## How to complete this task:
Extract all lines in the data that contain the word "same".

## Data for processing:
---*---

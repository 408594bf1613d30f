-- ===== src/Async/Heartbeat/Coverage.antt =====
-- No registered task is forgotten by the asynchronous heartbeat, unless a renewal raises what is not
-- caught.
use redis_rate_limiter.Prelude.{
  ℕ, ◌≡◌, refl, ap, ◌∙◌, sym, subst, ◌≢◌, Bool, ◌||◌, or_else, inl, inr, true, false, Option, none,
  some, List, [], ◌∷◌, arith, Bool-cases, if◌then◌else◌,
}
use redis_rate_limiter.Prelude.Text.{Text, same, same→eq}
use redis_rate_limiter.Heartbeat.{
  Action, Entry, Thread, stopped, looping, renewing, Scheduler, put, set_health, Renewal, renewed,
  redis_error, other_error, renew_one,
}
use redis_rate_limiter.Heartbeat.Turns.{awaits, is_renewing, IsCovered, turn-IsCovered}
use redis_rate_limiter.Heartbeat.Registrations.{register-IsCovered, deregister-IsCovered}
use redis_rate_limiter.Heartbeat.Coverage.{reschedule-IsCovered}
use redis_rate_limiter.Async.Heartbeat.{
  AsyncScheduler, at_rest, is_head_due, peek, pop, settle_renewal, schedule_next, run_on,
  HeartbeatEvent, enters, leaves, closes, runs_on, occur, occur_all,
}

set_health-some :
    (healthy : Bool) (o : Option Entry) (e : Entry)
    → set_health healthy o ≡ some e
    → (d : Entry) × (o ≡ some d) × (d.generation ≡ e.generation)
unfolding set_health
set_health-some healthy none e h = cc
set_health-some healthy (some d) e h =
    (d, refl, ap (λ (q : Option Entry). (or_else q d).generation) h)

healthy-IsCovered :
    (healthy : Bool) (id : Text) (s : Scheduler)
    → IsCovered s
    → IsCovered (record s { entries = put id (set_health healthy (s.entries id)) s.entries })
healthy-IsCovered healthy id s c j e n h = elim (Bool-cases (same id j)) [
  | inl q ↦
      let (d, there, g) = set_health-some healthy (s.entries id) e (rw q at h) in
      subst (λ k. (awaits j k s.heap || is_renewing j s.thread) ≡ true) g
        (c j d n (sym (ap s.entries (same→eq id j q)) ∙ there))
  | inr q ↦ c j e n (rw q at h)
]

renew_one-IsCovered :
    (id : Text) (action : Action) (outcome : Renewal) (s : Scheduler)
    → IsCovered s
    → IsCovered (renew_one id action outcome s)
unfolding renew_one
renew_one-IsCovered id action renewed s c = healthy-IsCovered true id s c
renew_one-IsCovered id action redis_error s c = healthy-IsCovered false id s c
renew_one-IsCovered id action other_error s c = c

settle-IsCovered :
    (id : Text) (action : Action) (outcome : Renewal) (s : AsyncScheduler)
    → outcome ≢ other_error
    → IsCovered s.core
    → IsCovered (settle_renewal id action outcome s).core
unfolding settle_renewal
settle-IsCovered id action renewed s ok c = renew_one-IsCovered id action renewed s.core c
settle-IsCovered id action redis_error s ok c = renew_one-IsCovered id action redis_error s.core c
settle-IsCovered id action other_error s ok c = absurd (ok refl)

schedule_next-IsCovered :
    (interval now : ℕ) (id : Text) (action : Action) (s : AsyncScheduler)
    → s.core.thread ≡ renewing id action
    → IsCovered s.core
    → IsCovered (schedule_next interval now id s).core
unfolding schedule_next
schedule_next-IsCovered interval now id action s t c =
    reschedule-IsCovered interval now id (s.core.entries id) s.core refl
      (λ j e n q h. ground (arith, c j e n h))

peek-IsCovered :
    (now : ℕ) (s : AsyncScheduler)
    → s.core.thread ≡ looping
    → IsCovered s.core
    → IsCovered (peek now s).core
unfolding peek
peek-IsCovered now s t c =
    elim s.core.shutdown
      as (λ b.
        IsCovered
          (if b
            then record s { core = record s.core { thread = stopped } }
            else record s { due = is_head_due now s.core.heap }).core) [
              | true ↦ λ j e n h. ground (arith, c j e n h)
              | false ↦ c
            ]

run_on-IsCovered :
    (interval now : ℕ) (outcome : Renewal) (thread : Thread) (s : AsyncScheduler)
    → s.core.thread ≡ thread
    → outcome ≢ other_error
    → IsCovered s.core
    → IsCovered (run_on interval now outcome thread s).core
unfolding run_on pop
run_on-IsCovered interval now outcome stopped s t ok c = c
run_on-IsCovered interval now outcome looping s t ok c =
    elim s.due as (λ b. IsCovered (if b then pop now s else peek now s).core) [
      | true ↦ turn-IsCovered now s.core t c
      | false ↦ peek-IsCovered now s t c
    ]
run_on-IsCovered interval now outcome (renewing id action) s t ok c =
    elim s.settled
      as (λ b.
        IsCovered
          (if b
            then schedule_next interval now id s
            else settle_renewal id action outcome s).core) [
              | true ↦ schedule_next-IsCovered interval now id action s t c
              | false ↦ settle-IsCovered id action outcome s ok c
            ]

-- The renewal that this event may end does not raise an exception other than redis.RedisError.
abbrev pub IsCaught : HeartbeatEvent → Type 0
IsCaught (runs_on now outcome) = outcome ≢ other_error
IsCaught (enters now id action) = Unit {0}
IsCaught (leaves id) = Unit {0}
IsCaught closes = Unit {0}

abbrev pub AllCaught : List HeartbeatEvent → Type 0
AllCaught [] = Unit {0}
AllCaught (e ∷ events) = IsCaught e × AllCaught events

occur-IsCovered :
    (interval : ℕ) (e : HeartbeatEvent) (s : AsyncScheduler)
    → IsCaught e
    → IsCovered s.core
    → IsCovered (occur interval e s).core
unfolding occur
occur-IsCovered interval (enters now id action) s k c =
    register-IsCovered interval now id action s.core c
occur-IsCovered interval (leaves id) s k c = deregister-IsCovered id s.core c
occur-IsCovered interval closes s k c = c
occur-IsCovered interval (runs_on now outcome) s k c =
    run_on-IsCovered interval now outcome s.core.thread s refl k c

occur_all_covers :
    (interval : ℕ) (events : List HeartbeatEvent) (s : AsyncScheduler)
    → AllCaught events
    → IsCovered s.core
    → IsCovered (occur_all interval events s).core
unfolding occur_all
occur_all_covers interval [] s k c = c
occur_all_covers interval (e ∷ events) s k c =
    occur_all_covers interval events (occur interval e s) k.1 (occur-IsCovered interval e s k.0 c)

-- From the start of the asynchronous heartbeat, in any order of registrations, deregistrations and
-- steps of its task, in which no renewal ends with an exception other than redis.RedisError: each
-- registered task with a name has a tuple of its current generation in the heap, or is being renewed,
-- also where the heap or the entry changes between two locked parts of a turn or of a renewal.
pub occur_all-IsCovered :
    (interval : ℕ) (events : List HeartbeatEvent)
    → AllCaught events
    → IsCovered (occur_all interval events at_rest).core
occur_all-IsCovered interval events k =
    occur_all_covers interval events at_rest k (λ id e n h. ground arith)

---*---

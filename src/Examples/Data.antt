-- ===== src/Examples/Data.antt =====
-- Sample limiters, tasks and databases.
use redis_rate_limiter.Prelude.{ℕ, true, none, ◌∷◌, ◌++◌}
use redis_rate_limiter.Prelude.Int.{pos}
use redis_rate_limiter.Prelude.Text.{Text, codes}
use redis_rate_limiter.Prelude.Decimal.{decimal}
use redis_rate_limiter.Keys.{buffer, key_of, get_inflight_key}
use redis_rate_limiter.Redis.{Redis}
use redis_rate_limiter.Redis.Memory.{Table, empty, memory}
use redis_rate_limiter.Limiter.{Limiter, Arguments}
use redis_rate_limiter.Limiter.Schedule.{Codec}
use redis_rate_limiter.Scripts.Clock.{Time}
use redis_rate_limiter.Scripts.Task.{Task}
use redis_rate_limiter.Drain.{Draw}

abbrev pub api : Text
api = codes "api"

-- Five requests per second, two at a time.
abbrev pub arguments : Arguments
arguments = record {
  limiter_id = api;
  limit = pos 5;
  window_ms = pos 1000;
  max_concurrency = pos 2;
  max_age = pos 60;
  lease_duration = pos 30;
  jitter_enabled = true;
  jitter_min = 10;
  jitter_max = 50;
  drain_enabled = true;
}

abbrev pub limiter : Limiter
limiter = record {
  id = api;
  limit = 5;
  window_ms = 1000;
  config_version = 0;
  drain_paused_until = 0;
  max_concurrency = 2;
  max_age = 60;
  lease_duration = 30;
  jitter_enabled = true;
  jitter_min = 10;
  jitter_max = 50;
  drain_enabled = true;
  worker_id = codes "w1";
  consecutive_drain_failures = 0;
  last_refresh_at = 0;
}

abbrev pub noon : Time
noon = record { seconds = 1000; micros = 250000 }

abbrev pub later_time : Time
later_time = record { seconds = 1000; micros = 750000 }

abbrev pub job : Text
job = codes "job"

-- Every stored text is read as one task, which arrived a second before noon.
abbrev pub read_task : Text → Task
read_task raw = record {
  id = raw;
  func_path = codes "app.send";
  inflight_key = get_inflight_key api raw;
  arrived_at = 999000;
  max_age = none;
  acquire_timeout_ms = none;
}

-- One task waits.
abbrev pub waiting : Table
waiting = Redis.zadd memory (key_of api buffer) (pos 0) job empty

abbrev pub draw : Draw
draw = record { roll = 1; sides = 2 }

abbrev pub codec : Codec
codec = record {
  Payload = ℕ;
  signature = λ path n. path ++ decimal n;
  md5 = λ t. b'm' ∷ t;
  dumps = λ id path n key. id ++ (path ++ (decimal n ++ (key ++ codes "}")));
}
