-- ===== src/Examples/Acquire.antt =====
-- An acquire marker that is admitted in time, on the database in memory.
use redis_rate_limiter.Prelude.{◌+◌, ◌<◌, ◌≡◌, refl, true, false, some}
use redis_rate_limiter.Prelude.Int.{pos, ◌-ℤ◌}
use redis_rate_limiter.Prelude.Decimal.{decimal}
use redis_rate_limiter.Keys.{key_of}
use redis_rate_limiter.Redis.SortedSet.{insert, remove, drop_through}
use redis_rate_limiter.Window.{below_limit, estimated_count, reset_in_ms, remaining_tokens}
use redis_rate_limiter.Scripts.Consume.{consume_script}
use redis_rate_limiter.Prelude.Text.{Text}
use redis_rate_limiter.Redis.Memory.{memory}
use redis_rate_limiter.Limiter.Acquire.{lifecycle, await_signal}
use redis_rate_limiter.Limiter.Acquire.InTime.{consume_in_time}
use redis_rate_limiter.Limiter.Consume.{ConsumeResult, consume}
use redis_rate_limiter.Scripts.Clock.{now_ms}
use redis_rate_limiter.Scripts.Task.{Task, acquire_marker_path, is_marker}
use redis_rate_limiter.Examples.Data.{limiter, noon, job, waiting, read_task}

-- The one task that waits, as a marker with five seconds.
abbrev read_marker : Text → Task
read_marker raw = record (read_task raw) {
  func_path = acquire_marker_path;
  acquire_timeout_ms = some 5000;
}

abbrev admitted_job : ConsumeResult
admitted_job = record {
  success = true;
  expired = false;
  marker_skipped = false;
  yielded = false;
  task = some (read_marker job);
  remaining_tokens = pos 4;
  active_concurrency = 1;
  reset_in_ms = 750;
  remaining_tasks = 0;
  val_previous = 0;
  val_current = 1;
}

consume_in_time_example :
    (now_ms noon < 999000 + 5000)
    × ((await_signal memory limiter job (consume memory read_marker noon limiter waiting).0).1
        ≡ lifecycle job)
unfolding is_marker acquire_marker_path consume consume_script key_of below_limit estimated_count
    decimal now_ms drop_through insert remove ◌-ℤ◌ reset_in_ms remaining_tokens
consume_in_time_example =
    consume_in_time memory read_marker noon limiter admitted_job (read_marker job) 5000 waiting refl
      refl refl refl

---*---

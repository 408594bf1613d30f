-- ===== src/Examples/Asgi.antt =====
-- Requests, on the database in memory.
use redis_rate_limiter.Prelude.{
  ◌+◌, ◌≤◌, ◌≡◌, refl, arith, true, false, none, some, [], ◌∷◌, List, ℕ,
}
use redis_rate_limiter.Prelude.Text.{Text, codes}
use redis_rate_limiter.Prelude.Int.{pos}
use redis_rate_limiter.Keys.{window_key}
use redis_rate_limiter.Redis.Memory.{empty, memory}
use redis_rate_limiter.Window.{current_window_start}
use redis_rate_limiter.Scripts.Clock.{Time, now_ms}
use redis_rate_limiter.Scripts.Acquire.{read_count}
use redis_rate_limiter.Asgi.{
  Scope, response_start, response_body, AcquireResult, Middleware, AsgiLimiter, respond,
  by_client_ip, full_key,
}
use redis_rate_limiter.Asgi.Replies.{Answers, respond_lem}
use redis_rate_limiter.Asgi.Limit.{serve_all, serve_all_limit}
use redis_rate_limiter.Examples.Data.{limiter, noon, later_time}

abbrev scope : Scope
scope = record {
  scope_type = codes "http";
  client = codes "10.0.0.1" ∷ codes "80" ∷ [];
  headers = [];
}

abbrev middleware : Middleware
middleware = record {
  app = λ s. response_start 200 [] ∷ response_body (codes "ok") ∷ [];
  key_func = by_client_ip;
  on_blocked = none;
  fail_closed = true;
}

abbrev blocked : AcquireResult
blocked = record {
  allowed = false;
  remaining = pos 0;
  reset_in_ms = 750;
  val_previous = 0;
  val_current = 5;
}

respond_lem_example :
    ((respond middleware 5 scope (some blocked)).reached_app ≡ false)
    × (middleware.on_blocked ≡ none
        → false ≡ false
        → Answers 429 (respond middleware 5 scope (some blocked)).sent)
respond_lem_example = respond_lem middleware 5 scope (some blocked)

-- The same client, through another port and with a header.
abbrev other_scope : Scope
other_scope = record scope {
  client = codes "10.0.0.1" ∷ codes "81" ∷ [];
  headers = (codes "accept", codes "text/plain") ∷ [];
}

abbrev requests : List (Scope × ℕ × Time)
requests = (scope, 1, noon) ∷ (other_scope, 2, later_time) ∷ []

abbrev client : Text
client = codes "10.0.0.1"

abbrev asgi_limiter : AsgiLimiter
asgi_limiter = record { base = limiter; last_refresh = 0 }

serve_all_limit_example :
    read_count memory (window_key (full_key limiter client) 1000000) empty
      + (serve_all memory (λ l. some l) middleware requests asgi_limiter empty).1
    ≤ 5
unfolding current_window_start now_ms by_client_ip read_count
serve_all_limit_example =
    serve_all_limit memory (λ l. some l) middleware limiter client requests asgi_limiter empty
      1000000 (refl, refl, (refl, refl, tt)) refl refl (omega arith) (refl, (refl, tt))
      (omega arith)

---*---

## Task result:
use redis_rate_limiter.Prelude.Text.{Text, same, same→eq}
healthy-IsCovered healthy id s c j e n h = elim (Bool-cases (same id j)) [
        (c j d n (sym (ap s.entries (same→eq id j q)) ∙ there))
-- The same client, through another port and with a header.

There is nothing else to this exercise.